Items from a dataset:
------

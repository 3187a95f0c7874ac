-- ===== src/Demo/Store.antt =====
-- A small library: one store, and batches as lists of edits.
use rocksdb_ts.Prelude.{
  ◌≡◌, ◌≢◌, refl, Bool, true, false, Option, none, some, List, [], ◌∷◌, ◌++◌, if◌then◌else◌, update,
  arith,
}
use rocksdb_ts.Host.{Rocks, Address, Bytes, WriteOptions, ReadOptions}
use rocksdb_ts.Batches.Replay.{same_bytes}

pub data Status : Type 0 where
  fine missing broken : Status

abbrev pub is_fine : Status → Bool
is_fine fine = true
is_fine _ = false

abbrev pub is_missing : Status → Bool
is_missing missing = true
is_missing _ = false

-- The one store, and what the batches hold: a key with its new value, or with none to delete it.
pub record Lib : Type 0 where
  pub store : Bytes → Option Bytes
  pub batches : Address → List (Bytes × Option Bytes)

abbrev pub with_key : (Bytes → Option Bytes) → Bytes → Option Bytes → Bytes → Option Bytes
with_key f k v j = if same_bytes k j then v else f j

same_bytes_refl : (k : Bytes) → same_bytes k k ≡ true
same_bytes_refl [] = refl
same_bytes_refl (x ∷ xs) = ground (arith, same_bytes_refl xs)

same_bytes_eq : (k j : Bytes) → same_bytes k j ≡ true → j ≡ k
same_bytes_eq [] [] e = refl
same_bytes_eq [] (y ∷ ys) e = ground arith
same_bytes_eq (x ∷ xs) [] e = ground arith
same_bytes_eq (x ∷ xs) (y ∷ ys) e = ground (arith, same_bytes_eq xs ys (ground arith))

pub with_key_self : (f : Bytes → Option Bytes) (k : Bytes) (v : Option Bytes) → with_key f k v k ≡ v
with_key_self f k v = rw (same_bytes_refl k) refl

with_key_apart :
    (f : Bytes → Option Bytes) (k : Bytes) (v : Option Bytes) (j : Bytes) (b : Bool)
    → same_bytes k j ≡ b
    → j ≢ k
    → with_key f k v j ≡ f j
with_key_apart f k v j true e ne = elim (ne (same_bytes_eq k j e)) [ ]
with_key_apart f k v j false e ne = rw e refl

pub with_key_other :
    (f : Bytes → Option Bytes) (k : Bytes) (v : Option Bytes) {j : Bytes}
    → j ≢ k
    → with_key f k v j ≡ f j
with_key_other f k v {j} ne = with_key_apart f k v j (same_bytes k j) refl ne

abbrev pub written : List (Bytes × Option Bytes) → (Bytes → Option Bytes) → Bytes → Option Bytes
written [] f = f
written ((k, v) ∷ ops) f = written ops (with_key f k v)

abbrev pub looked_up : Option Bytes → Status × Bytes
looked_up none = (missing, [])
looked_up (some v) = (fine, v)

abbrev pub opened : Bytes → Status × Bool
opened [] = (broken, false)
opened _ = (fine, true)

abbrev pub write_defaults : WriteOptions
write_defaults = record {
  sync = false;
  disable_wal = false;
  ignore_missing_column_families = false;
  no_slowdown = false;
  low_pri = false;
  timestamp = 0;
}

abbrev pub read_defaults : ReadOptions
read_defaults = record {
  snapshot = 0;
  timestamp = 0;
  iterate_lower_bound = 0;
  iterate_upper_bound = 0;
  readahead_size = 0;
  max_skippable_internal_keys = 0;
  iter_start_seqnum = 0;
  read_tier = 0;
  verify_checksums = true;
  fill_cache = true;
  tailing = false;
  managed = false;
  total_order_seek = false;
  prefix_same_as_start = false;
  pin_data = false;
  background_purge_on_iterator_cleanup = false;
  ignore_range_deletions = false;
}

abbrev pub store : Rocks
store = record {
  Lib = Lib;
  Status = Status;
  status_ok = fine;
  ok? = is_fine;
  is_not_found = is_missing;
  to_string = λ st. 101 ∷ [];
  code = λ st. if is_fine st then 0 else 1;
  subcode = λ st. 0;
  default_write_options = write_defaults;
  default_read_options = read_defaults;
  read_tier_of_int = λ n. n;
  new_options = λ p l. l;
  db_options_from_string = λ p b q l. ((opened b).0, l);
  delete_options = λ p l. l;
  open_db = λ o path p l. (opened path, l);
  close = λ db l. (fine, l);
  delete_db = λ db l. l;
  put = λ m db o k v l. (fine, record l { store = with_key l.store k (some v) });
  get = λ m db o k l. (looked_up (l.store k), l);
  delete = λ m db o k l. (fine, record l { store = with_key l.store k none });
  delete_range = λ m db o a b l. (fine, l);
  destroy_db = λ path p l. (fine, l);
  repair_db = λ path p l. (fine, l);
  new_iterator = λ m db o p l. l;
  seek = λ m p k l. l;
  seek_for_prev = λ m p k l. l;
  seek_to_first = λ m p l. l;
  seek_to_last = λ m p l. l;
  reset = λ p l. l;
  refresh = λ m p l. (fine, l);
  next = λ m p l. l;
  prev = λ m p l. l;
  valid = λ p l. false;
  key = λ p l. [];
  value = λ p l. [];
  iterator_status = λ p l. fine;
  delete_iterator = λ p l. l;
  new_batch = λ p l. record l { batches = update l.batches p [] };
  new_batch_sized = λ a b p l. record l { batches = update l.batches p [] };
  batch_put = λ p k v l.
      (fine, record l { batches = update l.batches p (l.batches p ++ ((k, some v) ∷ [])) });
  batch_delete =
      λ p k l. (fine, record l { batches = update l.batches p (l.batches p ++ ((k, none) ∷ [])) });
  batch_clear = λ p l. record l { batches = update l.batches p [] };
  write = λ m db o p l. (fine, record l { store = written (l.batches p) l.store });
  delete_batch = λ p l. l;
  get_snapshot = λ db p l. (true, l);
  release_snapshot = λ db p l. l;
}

------

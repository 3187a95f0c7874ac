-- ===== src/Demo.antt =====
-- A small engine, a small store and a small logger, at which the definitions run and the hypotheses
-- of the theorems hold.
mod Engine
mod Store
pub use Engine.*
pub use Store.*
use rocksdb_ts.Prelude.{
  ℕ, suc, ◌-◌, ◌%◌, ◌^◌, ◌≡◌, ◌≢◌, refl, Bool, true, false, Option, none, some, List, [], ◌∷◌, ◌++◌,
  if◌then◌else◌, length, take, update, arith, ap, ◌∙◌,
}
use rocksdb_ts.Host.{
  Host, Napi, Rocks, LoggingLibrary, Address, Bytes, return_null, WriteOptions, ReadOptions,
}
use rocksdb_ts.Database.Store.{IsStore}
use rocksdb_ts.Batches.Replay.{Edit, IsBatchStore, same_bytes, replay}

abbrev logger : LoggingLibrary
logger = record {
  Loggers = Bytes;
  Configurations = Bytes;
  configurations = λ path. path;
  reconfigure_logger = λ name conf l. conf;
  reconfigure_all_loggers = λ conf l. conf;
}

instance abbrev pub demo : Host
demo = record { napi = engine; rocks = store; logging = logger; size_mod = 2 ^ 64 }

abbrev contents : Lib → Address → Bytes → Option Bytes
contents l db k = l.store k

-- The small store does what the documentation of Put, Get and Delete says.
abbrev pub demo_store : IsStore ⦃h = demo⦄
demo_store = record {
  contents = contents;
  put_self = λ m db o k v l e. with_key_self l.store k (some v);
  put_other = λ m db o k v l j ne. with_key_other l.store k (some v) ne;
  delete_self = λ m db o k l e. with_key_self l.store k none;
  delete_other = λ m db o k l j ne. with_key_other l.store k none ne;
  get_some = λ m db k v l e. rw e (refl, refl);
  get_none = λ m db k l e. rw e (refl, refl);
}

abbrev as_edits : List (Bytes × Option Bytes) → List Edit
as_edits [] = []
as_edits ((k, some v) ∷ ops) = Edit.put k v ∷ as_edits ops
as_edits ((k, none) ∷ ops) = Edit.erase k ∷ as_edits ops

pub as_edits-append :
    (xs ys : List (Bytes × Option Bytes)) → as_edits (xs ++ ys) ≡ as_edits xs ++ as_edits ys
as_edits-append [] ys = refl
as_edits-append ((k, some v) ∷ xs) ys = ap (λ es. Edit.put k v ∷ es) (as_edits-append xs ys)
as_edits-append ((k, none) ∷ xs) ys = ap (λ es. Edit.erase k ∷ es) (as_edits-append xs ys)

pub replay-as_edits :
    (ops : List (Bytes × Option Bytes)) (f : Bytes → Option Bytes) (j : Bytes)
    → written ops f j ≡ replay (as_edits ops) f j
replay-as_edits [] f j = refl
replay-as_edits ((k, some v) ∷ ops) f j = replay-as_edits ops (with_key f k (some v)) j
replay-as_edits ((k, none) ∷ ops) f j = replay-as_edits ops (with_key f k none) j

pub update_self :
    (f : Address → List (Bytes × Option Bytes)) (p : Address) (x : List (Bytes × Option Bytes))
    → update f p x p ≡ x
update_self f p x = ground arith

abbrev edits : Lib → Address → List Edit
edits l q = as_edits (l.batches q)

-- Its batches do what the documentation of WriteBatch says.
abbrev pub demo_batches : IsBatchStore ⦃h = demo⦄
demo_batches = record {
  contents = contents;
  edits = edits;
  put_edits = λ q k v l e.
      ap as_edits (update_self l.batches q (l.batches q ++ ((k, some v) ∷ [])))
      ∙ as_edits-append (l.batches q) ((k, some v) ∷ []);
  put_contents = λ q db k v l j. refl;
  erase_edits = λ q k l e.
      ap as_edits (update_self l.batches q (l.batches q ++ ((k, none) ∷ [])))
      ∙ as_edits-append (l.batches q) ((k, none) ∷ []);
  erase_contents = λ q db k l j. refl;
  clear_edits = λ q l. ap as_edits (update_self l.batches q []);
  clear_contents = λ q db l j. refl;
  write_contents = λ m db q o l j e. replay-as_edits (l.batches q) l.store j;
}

------

• About this exercise: Print, from the entries above, the line with "abbrev pub demo_batches", the line with "erase_contents = λ q db k l j. refl;" and all lines between them, exactly and with nothing else.

• Answer box:
abbrev pub demo_batches : IsBatchStore ⦃h = demo⦄
demo_batches = record {
  contents = contents;
  edits = edits;
  put_edits = λ q k v l e.
      ap as_edits (update_self l.batches q (l.batches q ++ ((k, some v) ∷ [])))
      ∙ as_edits-append (l.batches q) ((k, some v) ∷ []);
  put_contents = λ q db k v l j. refl;
  erase_edits = λ q k l e.
      ap as_edits (update_self l.batches q (l.batches q ++ ((k, none) ∷ [])))
      ∙ as_edits-append (l.batches q) ((k, none) ∷ []);
  erase_contents = λ q db k l j. refl;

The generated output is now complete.